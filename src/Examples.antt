-- ===== src/Examples.antt =====
-- Runs on concrete data: a manager with the store in memory, a breaker, a gate, a log, a page, a plan
-- of subtasks, a placement of layers, a pool of workers.
pub mod TaskData
pub mod Tasks
pub mod Replicas
pub mod Requests
pub mod Logs
pub mod Pages
pub mod Plans
pub mod Placements
pub mod Pools
pub mod Elections
pub mod Nodes
pub mod Reservations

+ + +

## [TASK BRIEF]
Show the lines above with "Examples".

## [WORKED SOLUTION]
filename src/Examples.antt
-- ===== src/Examples.antt =====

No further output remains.